Lompat ke isi

Negeri 5 Menara

Dari Wikipedia bahasa Indonesia, ensiklopedia bebas

Negeri 5 Menara adalah novel karya Ahmad Fuadi [1]yang diterbitkan oleh Gramedia pada tahun 2009. Novel ini bercerita tentang kehidupan Alif Fikri, seorang santri asal Maninjau, Sumatera Barat yang bersekolah di Pondok Madani (PM) Ponorogo, Jawa Timur, bersama lima teman-teman santrinya yang disebut Sahibul Menara. 5 anak santri yang menuntut ilmu di pesantern Gontor yang memiliki kebiasaan unik, yaitu setiap menjelang adzan maghrib mereka berkumpul di bawah menara masjid sambil memandang ke awan. Mereka memandang awan sambil membayangkan impian mereka; seperti Alif membayangkan awan bentuknya benua Amerika, sebuah negara yang ingin dia kunjungi setelah lulus nanti. Sedangkan keempat temannya menggambarkan awan seperti negara Arab Saudi , Mesir, dan negara di benua Eropa.[2] Cerita novel ini diteruskan dengan novel Ranah 3 Warna (2011) dan Rantau 1 Muara (2013). Novel ini telah diadaptasi menjadi sebuah film pada tahun 2013 dan sebuah serial web pada tahun 2019.

Sinopsis[sunting | sunting sumber]

Alif adalah seorang remaja yang hidup di daerah Danau Maninjau dan baru lulus dari Madrasah Tsanawiyah bersama teman sekaligus saingannya Randai. Mereka sama-sama ingin bersaing masuk Institut Teknologi Bandung setelah lulus Sekolah Menengah Atas, tetapi orang tua Alif ingin dia meneruskan pendidikan ke sekolah Islam lagi. Alif awalnya tidak mau sampai dia mendapat pesan dari kerabatnya yang lulusan Pondok Madani, sebuah sekolah Islam di Ponorogo yang lulusannya fasih berbahasa asing dan punya karier di luar negeri. Alif pun tertarik dan menjadi santri di sana.

Di Pondok Madani, Alif mengikuti aturan-aturan yang ketat, mulai dari hanya boleh berbicara bahasa Inggris dan Arab hingga kewajiban membantu jaga malam. Di pondok, Alif diajarkan "mantra" berbahasa Arab man jadda wajadda yang artinya, "Siapa yang bersungguh-sungguh pasti berhasil." Mantra ini memotivasi Alif dalam kehidupannya di pondok. Di waktu senggang, Alif terbiasa berkumpul di bawah menara masjid bersama lima temannya: Raja dari Medan, Said dari Surabaya, Dulmajid dari Sumenep, Atang dari Bandung, dan Baso dari Gowa. Karena tempat berkumpul mereka, mereka berenam biasa dipanggil Sahibul Menara. Pada suatu hari saat berkumpul, mereka melihat awan dan mendapat inspirasi untuk mimpi mereka masing-masing: Alif ingin pergi ke benua Amerika, Raja ingin ke Eropa, Atang ke Afrika, Baso ke Asia, dan Said dan Dulmajid ingin tetap di Indonesia.

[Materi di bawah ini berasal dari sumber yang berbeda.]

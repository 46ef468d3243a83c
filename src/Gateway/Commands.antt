-- ===== src/Gateway/Commands.antt =====
-- The controller commands of src/gpibsrv/gpibsrv.c and its lines. Log lines are left out.
use jornada_gpib.Prelude.{
  ◌-◌, int_of, ℕ, ◌+◌, ◌%◌, ◌^◌, bit_and, Bool, true, false, not, ◌&&◌, ◌==◌, leb, if◌then◌else◌,
  has, List, [], ◌∷◌, Option, none, some, ℤ, pos, negsuc, is_neg, gtz, sub_ℕ,
}
use jornada_gpib.Wire.{ioctl_gpib_probe, size_probe}
use jornada_gpib.Api.Codes.{ib_err, ib_no_sad}
use jornada_gpib.Api.State.{Os}
use jornada_gpib.Api.Requests.{ioctl}
use jornada_gpib.Api.Calls.{ibsic, iblines, is_zero}
use jornada_gpib.Api.Transfers.{ibclr, ibtrg, ibloc, ibllo, ibrsp, ibonl}
use jornada_gpib.Gateway.State.{
  Gateway, Net, G, ◌>>=◌, ◌>>◌, give, gateway, update, library, status, done,
}
use jornada_gpib.Gateway.Sockets.{send_text, send_number}
use jornada_gpib.Gateway.Words.{parse_int, skip_word, starts_with, c_string}
use jornada_gpib.Gateway.Transfers.{open_at, open_target, do_read, do_write}
use jornada_gpib.Gateway.Literals.{
  word_addr, word_auto, word_eoi, word_eos, word_read_tmo_ms, word_read, word_ifc, word_clr,
  word_trg, word_loc, word_llo, word_spoll, word_srq, word_ver, word_mode, word_rst, word_savecfg,
  word_help, word_quit, word_lines, version_text, help_text,
}

-- v >= low && v <= high
abbrev pub between : (low high : ℕ) → ℤ → Bool
between low high (pos n) = leb low n && leb n high
between low high (negsuc n) = false

-- b ? 1 : 0
abbrev pub flag : Bool → ℤ
flag b = pos (if b then 1 else 0)

-- parse_int(skip_word(arg), &sad) && sad >= 96 && sad <= 126 ? sad - 96 : -1
abbrev pub secondary_of : ℤ × Bool → ℤ
secondary_of (negsuc n, any) = negsuc 0
secondary_of (pos n, any) = if any && between 96 126 (pos n) then sub_ℕ n 96 else negsuc 0

-- *lines, which is 0 before the call
abbrev pub lines_or_zero : Option ℕ → ℕ
lines_or_zero none = 0
lines_or_zero (some n) = n

-- (unsigned char)stb, which is 0 before the call
abbrev pub stb_of : Option ℕ → ℤ
stb_of none = pos 0
stb_of (some n) = pos (n % 2 ^ 8)

-- (unsigned)v
abbrev pub unsigned_of : ℤ → ℕ
unsigned_of (pos n) = n
unsigned_of (negsuc n) = 2 ^ 32 - 1 - n

-- gw.stop = TRUE; PostMessageW(gw.win, WM_CLOSE, 0, 0);
unfoldable pub quit : G (Unit {0})
quit s = done tt (record s { gw = record s.gw { stop = true }; closing = true })

module _ ⦃os : Os⦄ ⦃net : Net⦄ where
  -- A setting: stored where the argument is a good number, or else sent.
  unfoldable pub setting : Bool → (Gateway → Gateway) → (Gateway → ℤ) → G (Unit {0})
  unfolding gateway update send_number
  setting good store' shown =
      if good then update store' else (do gw ← gateway; send_number (shown gw))

  -- ud = open_target(); if (ud >= 0) { call(ud); ibonl(ud, 0); }
  unfoldable pub on_target : (ℤ → G ℕ) → G (Unit {0})
  unfolding open_target give library ibonl
  on_target call = do
    ud ← open_target
    if is_neg ud then give tt else (do call ud; library (ibonl ud false); give tt)

  -- ++spoll
  unfoldable pub spoll : ℤ × Bool → G (Unit {0})
  unfolding open_at give gateway library status ibrsp ibonl send_number
  spoll (v, any) = do
    gw ← gateway
    let pad : ℤ = if any && between 0 30 v then v else gw.pad
    ud ← open_at pad ib_no_sad true
    if is_neg ud then give tt else do
      r ← library (ibrsp ud true)
      after ← status
      library (ibonl ud false)
      if has after.ibsta ib_err then give tt else send_number (stb_of r.1)

  -- iblines(0, &lines); send_number(s, shown(lines));
  unfoldable pub show_lines : (ℕ → ℤ) → G (Unit {0})
  unfolding library iblines send_number
  show_lines shown = do r ← library iblines; send_number (shown (lines_or_zero r.1))

  -- The commands from "ifc" on.
  unfoldable pub bus_command : (cmd arg : List ℕ) → G (Unit {0})
  unfolding library give on_target ibclr ibtrg ibloc ibsic ibllo spoll show_lines send_text
      send_number ioctl
  bus_command cmd arg =
      let number : ℤ × Bool = parse_int arg in
      if starts_with cmd word_ifc
      then (do library ibsic; give tt)
      else if starts_with cmd word_clr
      then on_target (λ ud. library (ibclr ud))
      else if starts_with cmd word_trg
      then on_target (λ ud. library (ibtrg ud))
      else if starts_with cmd word_loc
      then on_target (λ ud. library (ibloc ud))
      else if starts_with cmd word_llo
      then (do library ibllo; give tt)
      else if starts_with cmd word_spoll
      then spoll number
      else if starts_with cmd word_srq
      then show_lines (λ lines. flag (has lines 0x04))
      else if starts_with cmd word_ver
      then send_text version_text
      else if starts_with cmd word_mode
      then (if not number.1 then send_number (pos 1) else give tt)
      else if starts_with cmd word_rst
      then (do library (ioctl ioctl_gpib_probe none size_probe); library ibsic; give tt)
      else if starts_with cmd word_savecfg
      then give tt
      else if starts_with cmd word_help
      then send_text help_text
      else if starts_with cmd word_quit
      then quit
      else if starts_with cmd word_lines
      then show_lines (λ lines. pos (bit_and lines 0xff))
      else give tt

module _ (rounds : ℕ) ⦃os : Os⦄ ⦃net : Net⦄ where
  -- ++read
  unfoldable pub read_command : List ℕ → G (Unit {0})
  unfolding give do_read
  read_command arg =
      let number : ℤ × Bool = parse_int arg in
      let by_byte : G (Unit {0}) =
        if number.1 then do_read rounds (some (unsigned_of number.0 % 256)) else give tt in
      elim arg [
        | [] ↦ do_read rounds none
        | c ∷ cs ↦ if starts_with (c ∷ cs) word_eoi then do_read rounds none else by_byte
      ]

  unfoldable pub controller_command : List ℕ → G (Unit {0})
  unfolding setting read_command bus_command
  controller_command cmd =
      let arg : List ℕ = skip_word cmd in
      let number : ℤ × Bool = parse_int arg in
      let v : ℤ = number.0 in
      let any : Bool = number.1 in
      if starts_with cmd word_addr
      then setting (any && between 0 30 v)
          (λ gw. record gw { pad = v; sad = secondary_of (parse_int (skip_word arg)) })
          (λ gw. gw.pad)
      else if starts_with cmd word_auto
      then setting any (λ gw. record gw { auto_read = not (is_zero v) }) (λ gw. flag gw.auto_read)
      else if starts_with cmd word_eoi
      then setting any (λ gw. record gw { eoi = not (is_zero v) }) (λ gw. flag gw.eoi)
      else if starts_with cmd word_eos
      then setting (any && between 0 3 v) (λ gw. record gw { eos = v }) (λ gw. gw.eos)
      else if starts_with cmd word_read_tmo_ms
      then setting (any && gtz v 0) (λ gw. record gw { read_tmo_ms = unsigned_of v })
          (λ gw. int_of gw.read_tmo_ms)
      else if starts_with cmd word_read
      then read_command arg
      else bus_command cmd arg

  -- A complete line, its terminator removed and its escapes resolved.
  unfoldable pub handle_text : List ℕ → G (Unit {0})
  unfolding give controller_command do_write
  handle_text [] = give tt
  handle_text (a ∷ []) = do_write rounds (a ∷ [])
  handle_text (a ∷ b ∷ rest) =
      if a == 0x2b && b == 0x2b
      then controller_command (c_string rest)
      else do_write rounds (a ∷ b ∷ rest)

  unfoldable pub handle_line : List ℕ → G (Unit {0})
  unfolding update handle_text
  handle_line line = do
    update λ gw. record gw { requests = (gw.requests + 1) % 2 ^ 32 }
    handle_text line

Selama empat tahun belajar di Pondok Madani, Alif mulai menekuni jurnalisme sebagai kegiatan ekstrakurikuler. Pada tahun terakhir, Baso pulang ke Gowa karena permasalahan ekonomi keluarga. Di sisi lain, Alif iri pada Randai yang sudah lulus SMA dalam tiga tahun dan mempertimbangkan untuk mengundurkan diri dari pondok agar bisa segera mengikutinya ke ITB. Namun, ayah Alif datang dan mengubah pikirannya. Alif pun mengikuti ujian akhir pondok bersama Raja, Said, Dulmajid, dan Atang. Mereka berlima lulus dan pulang ke kampung halaman masing-masing.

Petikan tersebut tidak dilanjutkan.